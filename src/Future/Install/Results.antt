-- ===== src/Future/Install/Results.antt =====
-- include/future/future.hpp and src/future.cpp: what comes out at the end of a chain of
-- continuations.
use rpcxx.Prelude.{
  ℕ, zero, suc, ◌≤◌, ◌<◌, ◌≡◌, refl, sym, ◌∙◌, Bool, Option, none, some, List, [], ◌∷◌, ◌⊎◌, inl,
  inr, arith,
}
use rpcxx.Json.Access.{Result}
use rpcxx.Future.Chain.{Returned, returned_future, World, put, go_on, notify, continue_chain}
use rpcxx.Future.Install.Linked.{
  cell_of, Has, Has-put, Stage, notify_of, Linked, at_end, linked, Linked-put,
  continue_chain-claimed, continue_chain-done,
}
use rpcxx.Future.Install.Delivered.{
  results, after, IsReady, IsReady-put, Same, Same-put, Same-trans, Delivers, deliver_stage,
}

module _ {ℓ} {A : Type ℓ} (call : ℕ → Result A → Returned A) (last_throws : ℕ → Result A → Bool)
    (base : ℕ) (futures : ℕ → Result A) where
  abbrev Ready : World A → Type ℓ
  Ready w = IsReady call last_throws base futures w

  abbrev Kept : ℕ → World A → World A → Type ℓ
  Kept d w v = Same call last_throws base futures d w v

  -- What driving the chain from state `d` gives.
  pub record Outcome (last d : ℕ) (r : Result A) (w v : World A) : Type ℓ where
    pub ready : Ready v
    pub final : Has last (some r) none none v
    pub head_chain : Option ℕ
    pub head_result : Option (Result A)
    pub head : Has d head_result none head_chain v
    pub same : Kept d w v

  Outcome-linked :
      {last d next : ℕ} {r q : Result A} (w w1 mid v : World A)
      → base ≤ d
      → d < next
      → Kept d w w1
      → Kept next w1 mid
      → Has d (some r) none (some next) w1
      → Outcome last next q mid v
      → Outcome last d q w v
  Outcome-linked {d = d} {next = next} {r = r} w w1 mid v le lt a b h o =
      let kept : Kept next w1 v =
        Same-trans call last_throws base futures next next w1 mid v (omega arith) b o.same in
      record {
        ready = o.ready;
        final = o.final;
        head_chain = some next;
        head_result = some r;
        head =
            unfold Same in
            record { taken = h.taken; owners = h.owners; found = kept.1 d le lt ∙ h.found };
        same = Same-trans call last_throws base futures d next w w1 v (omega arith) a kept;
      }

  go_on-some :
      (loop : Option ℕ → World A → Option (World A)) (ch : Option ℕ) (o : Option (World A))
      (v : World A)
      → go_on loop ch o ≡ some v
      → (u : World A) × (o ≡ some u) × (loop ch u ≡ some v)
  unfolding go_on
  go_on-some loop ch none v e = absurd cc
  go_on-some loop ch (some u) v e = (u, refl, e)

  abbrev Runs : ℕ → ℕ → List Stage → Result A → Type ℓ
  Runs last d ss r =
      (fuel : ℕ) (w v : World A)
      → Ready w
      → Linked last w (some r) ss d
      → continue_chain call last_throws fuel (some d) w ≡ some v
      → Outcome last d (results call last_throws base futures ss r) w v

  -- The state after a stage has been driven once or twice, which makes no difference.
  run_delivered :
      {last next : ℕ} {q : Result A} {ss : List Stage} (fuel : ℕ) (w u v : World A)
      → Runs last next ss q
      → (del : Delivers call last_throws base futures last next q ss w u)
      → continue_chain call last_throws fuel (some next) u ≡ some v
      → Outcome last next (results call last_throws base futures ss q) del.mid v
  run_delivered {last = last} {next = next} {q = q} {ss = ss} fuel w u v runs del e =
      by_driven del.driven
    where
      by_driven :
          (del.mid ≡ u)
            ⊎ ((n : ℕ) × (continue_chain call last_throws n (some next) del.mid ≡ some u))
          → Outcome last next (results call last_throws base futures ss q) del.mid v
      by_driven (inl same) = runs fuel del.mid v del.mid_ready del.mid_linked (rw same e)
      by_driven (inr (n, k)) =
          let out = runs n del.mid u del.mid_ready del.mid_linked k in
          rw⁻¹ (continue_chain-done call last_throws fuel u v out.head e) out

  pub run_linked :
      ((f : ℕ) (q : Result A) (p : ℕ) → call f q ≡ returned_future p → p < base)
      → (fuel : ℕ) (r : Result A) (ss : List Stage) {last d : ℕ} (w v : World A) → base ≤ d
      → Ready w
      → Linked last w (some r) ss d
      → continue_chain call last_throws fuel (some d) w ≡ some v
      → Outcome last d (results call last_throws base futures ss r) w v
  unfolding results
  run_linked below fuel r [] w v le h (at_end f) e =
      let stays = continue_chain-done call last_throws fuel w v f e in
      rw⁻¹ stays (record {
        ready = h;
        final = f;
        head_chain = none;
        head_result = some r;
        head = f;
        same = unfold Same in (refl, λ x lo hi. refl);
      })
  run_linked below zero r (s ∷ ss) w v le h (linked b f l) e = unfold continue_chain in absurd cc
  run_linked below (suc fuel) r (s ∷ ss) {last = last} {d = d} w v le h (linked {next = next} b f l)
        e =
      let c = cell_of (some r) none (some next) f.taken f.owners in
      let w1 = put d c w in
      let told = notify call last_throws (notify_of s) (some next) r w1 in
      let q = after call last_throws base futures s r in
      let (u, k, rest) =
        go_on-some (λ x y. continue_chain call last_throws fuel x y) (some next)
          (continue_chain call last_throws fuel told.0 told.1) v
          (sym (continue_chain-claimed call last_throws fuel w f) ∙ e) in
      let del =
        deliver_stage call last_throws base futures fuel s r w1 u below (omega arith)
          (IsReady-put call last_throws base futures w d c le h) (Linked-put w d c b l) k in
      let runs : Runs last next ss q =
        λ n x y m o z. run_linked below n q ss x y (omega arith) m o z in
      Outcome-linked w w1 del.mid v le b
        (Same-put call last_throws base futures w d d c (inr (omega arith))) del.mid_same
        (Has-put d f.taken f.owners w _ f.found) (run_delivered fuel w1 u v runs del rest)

——

WORK INSTRUCTION: Output exactly the lines from the one with "let q = after" through the final line of the listing above.

SOLUTION:
      let q = after call last_throws base futures s r in
      let (u, k, rest) =
        go_on-some (λ x y. continue_chain call last_throws fuel x y) (some next)
          (continue_chain call last_throws fuel told.0 told.1) v
          (sym (continue_chain-claimed call last_throws fuel w f) ∙ e) in
      let del =
        deliver_stage call last_throws base futures fuel s r w1 u below (omega arith)
          (IsReady-put call last_throws base futures w d c le h) (Linked-put w d c b l) k in
      let runs : Runs last next ss q =
        λ n x y m o z. run_linked below n q ss x y (omega arith) m o z in
      Outcome-linked w w1 del.mid v le b
        (Same-put call last_throws base futures w d d c (inr (omega arith))) del.mid_same
        (Has-put d f.taken f.owners w _ f.found) (run_delivered fuel w1 u v runs del rest)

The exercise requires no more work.